Arıtma sularının içindeki tehlike konusunda uzmanlar süregelen açıklamalarını yineledi. Doç. Dr. Mustafa Erbaş, arıtma sistemlerinin filtrelerinin tuz ile yıkanmasının suyun tuzlanmasına neden olduğunu belirterek, özellikle sodyumlu hale gelen suyun hipertansiyon riskini artırdığını dile getirdi
Akdeniz Üniversitesi Mühendislik Fakültesi Gıda Mühendisliği Bölümü Öğretim Üyesi Doç. Dr. Mustafa Erbaş, arıtma sistemlerinin filtrelerinin sodyum klorür (tuz) ile yıkanmasının suyun tuzlanmasına neden olduğunu belirterek, "Özellikle sodyumlu hale gelen su, hipertansiyon riskini artıran nedenlerden biri" dedi.

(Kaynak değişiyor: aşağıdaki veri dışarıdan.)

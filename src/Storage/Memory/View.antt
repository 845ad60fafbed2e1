-- ===== src/Storage/Memory/View.antt =====
-- The cache of the in-memory driver as a map from a release name and a key to a record.
use helm.Common.{
  Bytes, Option, none, some, [], ◌∷◌, ◌≡◌, refl, ◌∙◌, subst, arith, if◌then◌else◌, Bool-cases, inl,
  inr,
}
use helm.Common.Text.{eqb, eqb_iff}
use helm.Storage.Records.{Entry, Records}
use helm.Storage.Records.Lookup.{find, IsDistinct}
use helm.Storage.Memory.{Cache, bucket, assign}

abbrev pub find_in : Bytes → Option Records → Option Entry
find_in key none = none
find_in key (some recs) = find key recs

-- the record of a name at a key
abbrev pub lookup : Bytes → Bytes → Cache → Option Entry
lookup name key cache = find_in key (bucket name cache)

-- Names stand once, and each bucket has distinct keys.
abbrev pub IsWellFormed : Cache → Type 0
IsWellFormed [] = Unit {0}
IsWellFormed ((n, recs) ∷ cache) = (IsDistinct recs × (bucket n cache ≡ none)) × IsWellFormed cache

pub bucket-assign :
    (n m : Bytes) (recs : Records) (cache : Cache)
    → bucket n (assign m recs cache) ≡ (if eqb m n then some recs else bucket n cache)
unfolding bucket assign
bucket-assign n m recs [] = refl
bucket-assign n m recs ((k, rs) ∷ cache) =
    ground (arith, bucket-assign n m recs cache, eqb_iff k m, eqb_iff k n, eqb_iff m n)

pub IsWellFormed-assign :
    (m : Bytes) (recs : Records) (cache : Cache)
    → IsDistinct recs
    → IsWellFormed cache
    → IsWellFormed (assign m recs cache)
unfolding assign bucket
IsWellFormed-assign m recs [] d w = ((d, refl), tt)
IsWellFormed-assign m recs ((k, rs) ∷ cache) d ((dk, fresh), w) = elim (Bool-cases (eqb k m)) [
  | inl same ↦ rw same ((d, fresh), w)
  | inr other ↦ rw other (
    (dk, bucket-assign k m recs cache ∙ ground (arith, eqb_iff k m, eqb_iff m k)),
    IsWellFormed-assign m recs cache d w,
  )
]

pub IsDistinct-bucket :
    (n : Bytes) (cache : Cache) {recs : Records}
    → IsWellFormed cache
    → bucket n cache ≡ some recs
    → IsDistinct recs
unfolding bucket
IsDistinct-bucket n [] {recs} w h = cc
IsDistinct-bucket n ((k, rs) ∷ cache) {recs} ((d, fresh), w) h = elim (Bool-cases (eqb k n)) [
  | inl same ↦ let e : rs ≡ recs = cc (rw same at h) in subst IsDistinct e d
  | inr other ↦ IsDistinct-bucket n cache w (rw other at h)
]
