-- ===== src/Storage/Memory/Laws.antt =====
-- What Create, Update, Delete and Get of the in-memory driver do to the map of records.
use helm.Common.{Bytes, Option, none, some, [], ◌∷◌, ◌≡◌, refl, ◌&&◌, arith, if◌then◌else◌}
use helm.Common.Text.{eqb, eqb_iff}
use helm.Release.{Release}
use helm.Result.{ok, err, release_exists, release_not_found}
use helm.Storage.Records
use helm.Storage.Records.{Entry, Records, new_record}
use helm.Storage.Records.Lookup.{
  find, IsDistinct, find-add, add_exists, exists-eq-find, find-replace, IsDistinct-replace,
}
use helm.Storage.Memory.{Cache, bucket, assign, create, update, update_at, create_at}
use helm.Storage.Memory.View.{
  find_in, lookup, IsWellFormed, bucket-assign, IsWellFormed-assign, IsDistinct-bucket,
}

lookup-assign :
    (n m key : Bytes) (recs : Records) (cache : Cache)
    → lookup n key (assign m recs cache) ≡ (if eqb m n then find key recs else lookup n key cache)
lookup-assign n m key recs cache = ground (arith, bucket-assign n m recs cache)

-- `after` differs from `before` at most in the record of one name and key.
pub record Sets (name key : Bytes) (e : Option Entry) (before after : Cache) : Type 0 where
  pub formed : IsWellFormed after
  pub at :
      (n j : Bytes) → lookup n j after ≡ (if eqb name n && eqb key j then e else lookup n j before)

pub assign-Sets :
    (name key : Bytes) (e : Option Entry) (recs : Records) (cache : Cache)
    → IsWellFormed cache
    → IsDistinct recs
    → ((j : Bytes) → find j recs ≡ (if eqb key j then e else lookup name j cache))
    → Sets name key e cache (assign name recs cache)
assign-Sets name key e recs cache w d h = record {
  formed = IsWellFormed-assign name recs cache d w;
  at = λ n j. ground (arith, lookup-assign n name j recs cache, h j, eqb_iff name n);
}

module _ (cache : Cache) (formed : IsWellFormed cache) (key : Bytes) (rls : Release) where
  -- the record of the release is there, and all else is as before
  abbrev pub Stored : Cache → Type 0
  Stored = Sets rls.name key (some (new_record key rls)) cache

  create_in :
      (o : Option Records)
      → bucket rls.name cache ≡ o
      → find_in key o ≡ none
      → ((create_at key rls cache o).0 ≡ ok tt) × Stored (create_at key rls cache o).1
  unfolding find new_record
  create_in none b h = (
    refl,
    assign-Sets rls.name key (some (new_record key rls)) (new_record key rls ∷ []) cache formed
        (refl, tt) (λ j. ground (arith, b)),
  )
  create_in (some recs) b h =
      let (rs, added, d, at) =
        find-add recs (IsDistinct-bucket rls.name cache formed b) (new_record key rls) h in
      rw added (
        refl,
        assign-Sets rls.name key (some (new_record key rls)) rs cache formed d
            (λ j. ground (arith, b, at j)),
      )

  -- In a well-formed cache, `Create` adds a record where there is none: the cache stays well
  -- formed, and all other records are as before.
  pub create-fresh :
      lookup rls.name key cache ≡ none
      → ((create key rls cache).0 ≡ ok tt) × Stored (create key rls cache).1
  unfolding create
  create-fresh h = create_in (bucket rls.name cache) refl h

  taken_in :
      (o : Option Records) (old : Entry)
      → bucket rls.name cache ≡ o
      → find_in key o ≡ some old
      → create_at key rls cache o ≡ (err (release_exists key), cache)
  unfolding new_record
  taken_in none old b h = cc
  taken_in (some recs) old b h =
      rw (add_exists recs (IsDistinct-bucket rls.name cache formed b) (new_record key rls) old h)
        refl

  -- In a well-formed cache, `Create` refuses a key that is there, and changes nothing.
  pub create_taken :
      (old : Entry)
      → lookup rls.name key cache ≡ some old
      → create key rls cache ≡ (err (release_exists key), cache)
  unfolding create
  create_taken old h = taken_in (bucket rls.name cache) old refl h

  update_in :
      (o : Option Records) (old : Entry)
      → bucket rls.name cache ≡ o
      → find_in key o ≡ some old
      → ((update_at key rls cache o).0 ≡ ok tt) × Stored (update_at key rls cache o).1
  unfolding new_record
  update_in none old b h = cc
  update_in (some recs) old b h =
      rw (exists-eq-find key recs, h)
        (
          refl,
          assign-Sets rls.name key (some (new_record key rls))
              (Records.replace key (new_record key rls) recs).1 cache formed
              (IsDistinct-replace recs (new_record key rls)
                (IsDistinct-bucket rls.name cache formed b))
              (λ j. ground (arith, b, find-replace recs (new_record key rls) j, eqb_iff key j)),
        )

  -- In a well-formed cache, `Update` replaces the record at the key of a release that is there:
  -- the cache stays well formed, and all other records are as before.
  pub update-present :
      (old : Entry)
      → lookup rls.name key cache ≡ some old
      → ((update key rls cache).0 ≡ ok tt) × Stored (update key rls cache).1
  unfolding update
  update-present old h = update_in (bucket rls.name cache) old refl h

  update_missing_in :
      (o : Option Records)
      → find_in key o ≡ none
      → update_at key rls cache o ≡ (err (release_not_found rls.name), cache)
  update_missing_in none h = refl
  update_missing_in (some recs) h = rw (exists-eq-find key recs, h) refl

  -- In a well-formed cache, `Update` of a release that is not there changes nothing, and its
  -- error names the release.
  pub update_missing :
      lookup rls.name key cache ≡ none
      → update key rls cache ≡ (err (release_not_found rls.name), cache)
  unfolding update
  update_missing h = update_missing_in (bucket rls.name cache) h
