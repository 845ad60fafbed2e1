-- ===== src/Storage/Memory/Keys.antt =====
-- What Get and Delete of the in-memory driver do at the keys that Tiller makes.
use helm.Common.{Bytes, true, false, Option, none, some, ◌≡◌, refl, sym, ◌∙◌, ◌<◌, arith}
use helm.Common.Text.{eqb, eqb_refl, lacks2}
use helm.Common.Decimal.{Int32}
use helm.Release.{Release}
use helm.Result.{ok, err, release_not_found, invalid_key}
use helm.Storage.Records
use helm.Storage.Records.{Entry, Records, new_record}
use helm.Storage.Records.Lookup.{get-eq-find, remove-eq-find, find-remove, IsDistinct-remove}
use helm.Storage.Store
use helm.Storage.Store.{Store, make_key}
use helm.Storage.Key.{key_name-make_key, key_name-make_key_dotted}
use helm.Storage.Memory.{
  Cache, bucket, get, create, delete, delete_at, record_of, found, removed, memory,
}
use helm.Storage.Memory.View.{find_in, lookup, IsWellFormed, IsDistinct-bucket}
use helm.Storage.Memory.Laws.{Sets, assign-Sets, create-fresh}

record_of-eq-find_in : (key : Bytes) (o : Option Records) → record_of key o ≡ find_in key o
record_of-eq-find_in key none = refl
record_of-eq-find_in key (some recs) = get-eq-find key recs

module _ (name : Bytes) (v : Int32) (v_lt : v < 4294967296) where
  -- `Get` at the key of an int32 version of a name without ".v" returns the record of that name
  -- and key, or says that there is none.
  pub get-eq-lookup :
      (cache : Cache)
      → lacks2 b'.' b'v' name ≡ true
      → get (make_key name v) cache ≡ found (make_key name v) (lookup name (make_key name v) cache)
  unfolding get
  get-eq-lookup cache clean =
      rw
        (
          key_name-make_key name v clean v_lt,
          record_of-eq-find_in (make_key name v) (bucket name cache),
        )
        refl

module _ (cache : Cache) (formed : IsWellFormed cache) (name key : Bytes) where
  deleted_in :
      (o : Option Records) (r : Entry)
      → bucket name cache ≡ o
      → find_in key o ≡ some r
      → ((delete_at key name cache o).0 ≡ ok r.rls)
        × Sets name key none cache (delete_at key name cache o).1
  deleted_in none r b h = cc
  deleted_in (some recs) r b h = taken (Records.remove key recs) (remove-eq-find key recs ∙ h) refl
    where
      taken :
          (x : Option Entry × Records)
          → x.0 ≡ some r
          → x.1 ≡ (Records.remove key recs).1
          → ((removed key name cache x).0 ≡ ok r.rls)
            × Sets name key none cache (removed key name cache x).1
      taken (none, rest) e f = cc
      taken (some q, rest) e f = (
        cc,
        assign-Sets name key none rest cache formed
            (rw f (IsDistinct-remove recs key (IsDistinct-bucket name cache formed b)))
            (λ j.
              rw f (
                ground (arith, b, find-remove recs key j (IsDistinct-bucket name cache formed b)))),
      )

  missing_in :
      (o : Option Records)
      → find_in key o ≡ none
      → delete_at key name cache o ≡ (err (release_not_found key), cache)
  missing_in none h = refl
  missing_in (some recs) h = absent (Records.remove key recs) (remove-eq-find key recs ∙ h)
    where
      absent :
          (x : Option Entry × Records)
          → x.0 ≡ none
          → removed key name cache x ≡ (err (release_not_found key), cache)
      absent (none, rest) e = refl
      absent (some q, rest) e = cc

module _ (cache : Cache) (formed : IsWellFormed cache) (name : Bytes) (v : Int32)
    (v_lt : v < 4294967296) where
  -- In a well-formed cache, `Delete` at the key of an int32 version of a name without ".v"
  -- returns the release that is there, and removes its record and nothing else.
  pub delete-present :
      (r : Entry)
      → lacks2 b'.' b'v' name ≡ true
      → lookup name (make_key name v) cache ≡ some r
      → ((delete (make_key name v) cache).0 ≡ ok r.rls)
        × Sets name (make_key name v) none cache (delete (make_key name v) cache).1
  unfolding delete
  delete-present r clean h =
      rw (key_name-make_key name v clean v_lt)
        (deleted_in cache formed name (make_key name v) (bucket name cache) r refl h)

  -- In a well-formed cache, `Delete` at the key of an int32 version of a name without ".v" fails
  -- where there is no record, and changes nothing.
  pub delete_missing :
      lacks2 b'.' b'v' name ≡ true
      → lookup name (make_key name v) cache ≡ none
      → delete (make_key name v) cache ≡ (err (release_not_found (make_key name v)), cache)
  unfolding delete
  delete_missing clean h =
      rw (key_name-make_key name v clean v_lt)
        (missing_in cache formed name (make_key name v) (bucket name cache) h)

-- In a well-formed cache, a release whose name holds ".v" is created under a new key, but then
-- cannot be read or deleted: its key is invalid.
pub create_dotted :
    (cache : Cache) (rls : Release)
    → IsWellFormed cache
    → lacks2 b'.' b'v' rls.name ≡ false
    → lookup rls.name (make_key rls.name rls.version) cache ≡ none
    → let key = make_key rls.name rls.version in
      let after = create key rls cache in
      (after.0 ≡ ok tt)
      × (get key after.1 ≡ err (invalid_key key))
      × (delete key after.1 ≡ (err (invalid_key key), after.1))
unfolding get delete
create_dotted cache rls formed dotted fresh =
    rw (key_name-make_key_dotted rls.name rls.version dotted)
      ((create-fresh cache formed (make_key rls.name rls.version) rls fresh).0, refl, refl)

-- A store without a limit, over a well-formed cache of the in-memory driver: a release whose
-- version is an int32 and whose name has no ".v" is created under a new key and read back; and
-- every release of another name without ".v" is read as before.
pub create-get :
    (s : Store memory) (rls : Release)
    → s.max_history ≡ 0
    → IsWellFormed s.db
    → rls.version < 4294967296
    → lacks2 b'.' b'v' rls.name ≡ true
    → lookup rls.name (make_key rls.name rls.version) s.db ≡ none
    → let after = Store.create memory rls s in
      (after.0 ≡ ok tt)
      × (Store.get memory rls.name rls.version after.1 ≡ ok rls)
      × ((name : Bytes) (v : Int32)
          → v < 4294967296
          → lacks2 b'.' b'v' name ≡ true
          → eqb rls.name name ≡ false
          → Store.get memory name v after.1 ≡ Store.get memory name v s)
unfolding Store.create Store.get new_record
create-get s rls unlimited formed v_lt clean fresh =
    let key = make_key rls.name rls.version in
    let (created, sets) = create-fresh s.db formed key rls fresh in
    let after = (create key rls s.db).1 in
    rw unlimited (
      created,
      rw
          (
            get-eq-lookup rls.name rls.version v_lt after clean,
            sets.at rls.name key,
            eqb_refl rls.name,
            eqb_refl key,
          )
          refl,
      λ name v w_lt other_clean other.
          rw (get-eq-lookup name v w_lt after other_clean, sets.at name (make_key name v), other)
            (sym (get-eq-lookup name v w_lt s.db other_clean)),
    )
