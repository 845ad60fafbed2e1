-- ===== src/Storage/Memory/Map.antt =====
-- The in-memory driver of pkg/storage/driver/memory.go against a map from a release name and a key
-- to a record, over sequences of operations.
use helm.Common.Text.{eqb, lacks2}
use helm.Common.Decimal.{Int32}
use helm.Storage.Memory.Keys.{delete-present, delete_missing}
use helm.Storage.Memory.View.{IsWellFormed, lookup}
use helm.Storage.Store.{make_key}
use helm.Storage.Records.{Entry, new_record}
use helm.Result.{Error, release_not_found, release_exists, Result, ok, err}
use helm.Release.{Release}
use helm.Common.{
  if◌then◌else◌, Bytes, All, List, ◌∷◌, ◌∙◌, true, [], some, ◌≡◌, none, ap, Option, ◌<◌, ◌&&◌, refl,
}
use helm.Storage.Memory.{bucket, Cache, new_memory, create, update, delete}
use helm.Storage.Memory.Laws.{Sets, create-fresh, create_taken, update-present, update_missing}

pub data Op : Type 0 where
  create_op update_op : (key : Bytes) → Release → Op
  -- at the key of a name and a version
  delete_op : (name : Bytes) → (v : Int32) → Op

pub data Reply : Type 0 where
  done : Reply
  deleted : Release → Reply
  refused : Error → Reply

abbrev pub reply_of : Result (Unit {0}) → Reply
reply_of (ok _) = done
reply_of (err e) = refused e

abbrev pub deleted_reply : Result Release → Reply
deleted_reply (ok r) = deleted r
deleted_reply (err e) = refused e

-- an operation of the driver
unfoldable pub perform : Op → Cache → Reply × Cache
unfolding create update delete
perform (create_op key rls) cache = let (r, after) = create key rls cache in (reply_of r, after)
perform (update_op key rls) cache = let (r, after) = update key rls cache in (reply_of r, after)
perform (delete_op name v) cache =
    let (r, after) = delete (make_key name v) cache in (deleted_reply r, after)

unfoldable pub perform_all : List Op → Cache → List Reply × Cache
unfolding perform
perform_all [] cache = ([], cache)
perform_all (op ∷ ops) cache =
    let (r, cache') = perform op cache in
    let (rs, after) = perform_all ops cache' in (r ∷ rs, after)

-- a map from names and keys to records
abbrev pub RecordMap : Type 0
RecordMap = Bytes → Bytes → Option Entry

abbrev pub put : Bytes → Bytes → Option Entry → RecordMap → RecordMap
put name key e m n j = if eqb name n && eqb key j then e else m n j

-- what the operations promise: Create needs a free key, Update and Delete one that is there
abbrev pub create_entry : Bytes → Release → RecordMap → Option Entry → Reply × RecordMap
create_entry key rls m none = (done, put rls.name key (some (new_record key rls)) m)
create_entry key rls m (some _) = (refused (release_exists key), m)

abbrev pub update_entry : Bytes → Release → RecordMap → Option Entry → Reply × RecordMap
update_entry key rls m none = (refused (release_not_found rls.name), m)
update_entry key rls m (some _) = (done, put rls.name key (some (new_record key rls)) m)

abbrev pub delete_entry : Bytes → Bytes → RecordMap → Option Entry → Reply × RecordMap
delete_entry name key m none = (refused (release_not_found key), m)
delete_entry name key m (some r) = (deleted r.rls, put name key none m)

unfoldable pub promise : Op → RecordMap → Reply × RecordMap
promise (create_op key rls) m = create_entry key rls m (m rls.name key)
promise (update_op key rls) m = update_entry key rls m (m rls.name key)
promise (delete_op name v) m = delete_entry name (make_key name v) m (m name (make_key name v))

unfoldable pub promise_all : List Op → RecordMap → List Reply × RecordMap
unfolding promise
promise_all [] m = ([], m)
promise_all (op ∷ ops) m =
    let (r, m') = promise op m in let (rs, after) = promise_all ops m' in (r ∷ rs, after)

abbrev pub empty_map : RecordMap
empty_map n j = none

-- Deletions are at versions that are int32 numbers, of names without ".v".
abbrev pub IsReadable : Op → Type 0
IsReadable (delete_op name v) = (v < 4294967296) × (lacks2 b'.' b'v' name ≡ true)
IsReadable _ = Unit

-- the cache is well formed and stands for the map
abbrev pub Stands : Cache → RecordMap → Type 0
Stands cache m = IsWellFormed cache × ((n j : Bytes) → lookup n j cache ≡ m n j)

module _ (cache : Cache) (m : RecordMap) (stands : Stands cache m) where
  Sets-Stands :
      (name key : Bytes) (e : Option Entry) (after : Cache)
      → Sets name key e cache after
      → Stands after (put name key e m)
  Sets-Stands name key e after sets = (
    sets.formed,
    λ n j. sets.at n j ∙ ap (λ o. if eqb name n && eqb key j then e else o) (stands.1 n j),
  )

  -- the reply is the same, and so are the states after it
  abbrev Agree : Reply × Cache → Reply × RecordMap → Type 0
  Agree x y = (x.0 ≡ y.0) × Stands x.1 y.1

  perform-Agree : (op : Op) → IsReadable op → Agree (perform op cache) (promise op m)
  unfolding perform promise
  perform-Agree (create_op key rls) _ = go (m rls.name key) refl
    where
      go :
          (o : Option Entry)
          → m rls.name key ≡ o
          → Agree (perform (create_op key rls) cache) (create_entry key rls m o)
      go none e =
          let (r, sets) = create-fresh cache stands.0 key rls (stands.1 rls.name key ∙ e) in
          (ap reply_of r, Sets-Stands rls.name key _ _ sets)
      go (some old) e =
          rw (create_taken cache stands.0 key rls old (stands.1 rls.name key ∙ e)) (refl, stands)
  perform-Agree (update_op key rls) _ = go (m rls.name key) refl
    where
      go :
          (o : Option Entry)
          → m rls.name key ≡ o
          → Agree (perform (update_op key rls) cache) (update_entry key rls m o)
      go none e =
          rw (update_missing cache stands.0 key rls (stands.1 rls.name key ∙ e)) (refl, stands)
      go (some old) e =
          let (r, sets) = update-present cache stands.0 key rls old (stands.1 rls.name key ∙ e) in
          (ap reply_of r, Sets-Stands rls.name key _ _ sets)
  perform-Agree (delete_op name v) (v_lt, clean) = go (m name (make_key name v)) refl
    where
      go :
          (o : Option Entry)
          → m name (make_key name v) ≡ o
          → Agree (perform (delete_op name v) cache) (delete_entry name (make_key name v) m o)
      go none e =
          rw (delete_missing cache stands.0 name v v_lt clean (stands.1 name (make_key name v) ∙ e))
            (refl, stands)
      go (some r) e =
          let (d, sets) =
            delete-present cache stands.0 name v v_lt r clean
              (stands.1 name (make_key name v) ∙ e) in
          (ap deleted_reply d, Sets-Stands name (make_key name v) _ _ sets)

perform_all-Agree :
    (ops : List Op) (cache : Cache) (m : RecordMap)
    → Stands cache m
    → All IsReadable ops
    → ((perform_all ops cache).0 ≡ (promise_all ops m).0)
      × Stands (perform_all ops cache).1 (promise_all ops m).1
unfolding perform_all promise_all
perform_all-Agree [] cache m s _ = (refl, s)
perform_all-Agree (op ∷ ops) cache m s (h, hs) =
    let (same, s') = perform-Agree cache m s op h in
    let (sames, s'') = perform_all-Agree ops (perform op cache).1 (promise op m).1 s' hs in
    (rw (same, sames) refl, s'')

-- After any sequence of Create, Update and Delete on a new in-memory driver, failed ones included,
-- where deletions are at int32 versions of names without ".v": the replies have been those of a map
-- from names and keys to records, the cache is well formed, and it holds the records of the map.
pub memory-IsMap :
    (ops : List Op)
    → All IsReadable ops
    → ((perform_all ops new_memory).0 ≡ (promise_all ops empty_map).0)
      × IsWellFormed (perform_all ops new_memory).1
      × ((n j : Bytes)
          → lookup n j (perform_all ops new_memory).1 ≡ (promise_all ops empty_map).1 n j)
unfolding bucket
memory-IsMap ops h =
    let (same, (formed, at)) = perform_all-Agree ops new_memory empty_map (tt, λ n j. refl) h in
    (same, formed, at)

Erbaş, yaptığı açıklamada, insanların günlük mineral ihtiyacının yüzde 10'unu içme suyundan karşıladığını belirtti.
Hazır satılan suların mineral oranının yok denecek kadar az olduğunu anlatan Erbaş, damacana su kullanan bir kişinin sudan alabileceği günlük mineral ihtiyacının yüzde 1'ini bile almasının mümkün olamayabileceğini ifade etti.
Çeşme suyu kullanımının bu yüzden önemli olduğunu ancak bu durumda başka risklerin bulunduğuna işaret eden Erbaş, "İçme suyu olarak hazır sular içilebilir ama yemek ve çay hazırlama gibi ihtiyaçlarda çeşme suları tercih edilebilir" diye konuştu.
"KİREÇ ARITILIRKEN MİNERALLER DE ARITILIYOR"Erbaş, arıtma sistemlerinde de bazı sıkıntıların olduğunu vurgulayarak, özellikle vücudun kalsiyum ve magnezyum ihtiyacının, arıtma sistemlerinde bu minerallerin de tutulması nedeniyle karşılanamayabileceğini söyledi.
Temel olarak iki farklı arıtma sisteminin bulunduğunu anlatan Erbaş, şöyle devam etti:
"Biri reçinelerle diğeri ise ozmoz (Yalnızca su molekülünün geçebildiği) filtrelerle arıtma işlemini gerçekleştiriyor. Reçinelerde, aktif uçlar kalsiyumları tutuyor ve su minerallerinden arınıyor. Böylece içtiğimiz su kalsiyumdan ve başkaca bazı minerallerden arınmış olarak bardağımıza geliyor. Bununla ilgili başka bir risk de zamanla kalsiyum tutmaz hale gelen reçinelerin yıkanma aşaması. Arıtma sistemlerinin filtreleri sodyum klorür yani tuz ile yıkandığı için suyun tuzlanmasına sebep oluyor. Özellikle sodyumlu hale gelen su, hipertansiyon riskini artıran nedenlerden biri. Bunu bazen kullanan kişiler de suyun tadından ve kayganlığından fark edebilmektedir. Genellikle ilk temizlik işleminin ardından gelen ilk sularda tuz tadı hissedilebilmektedir."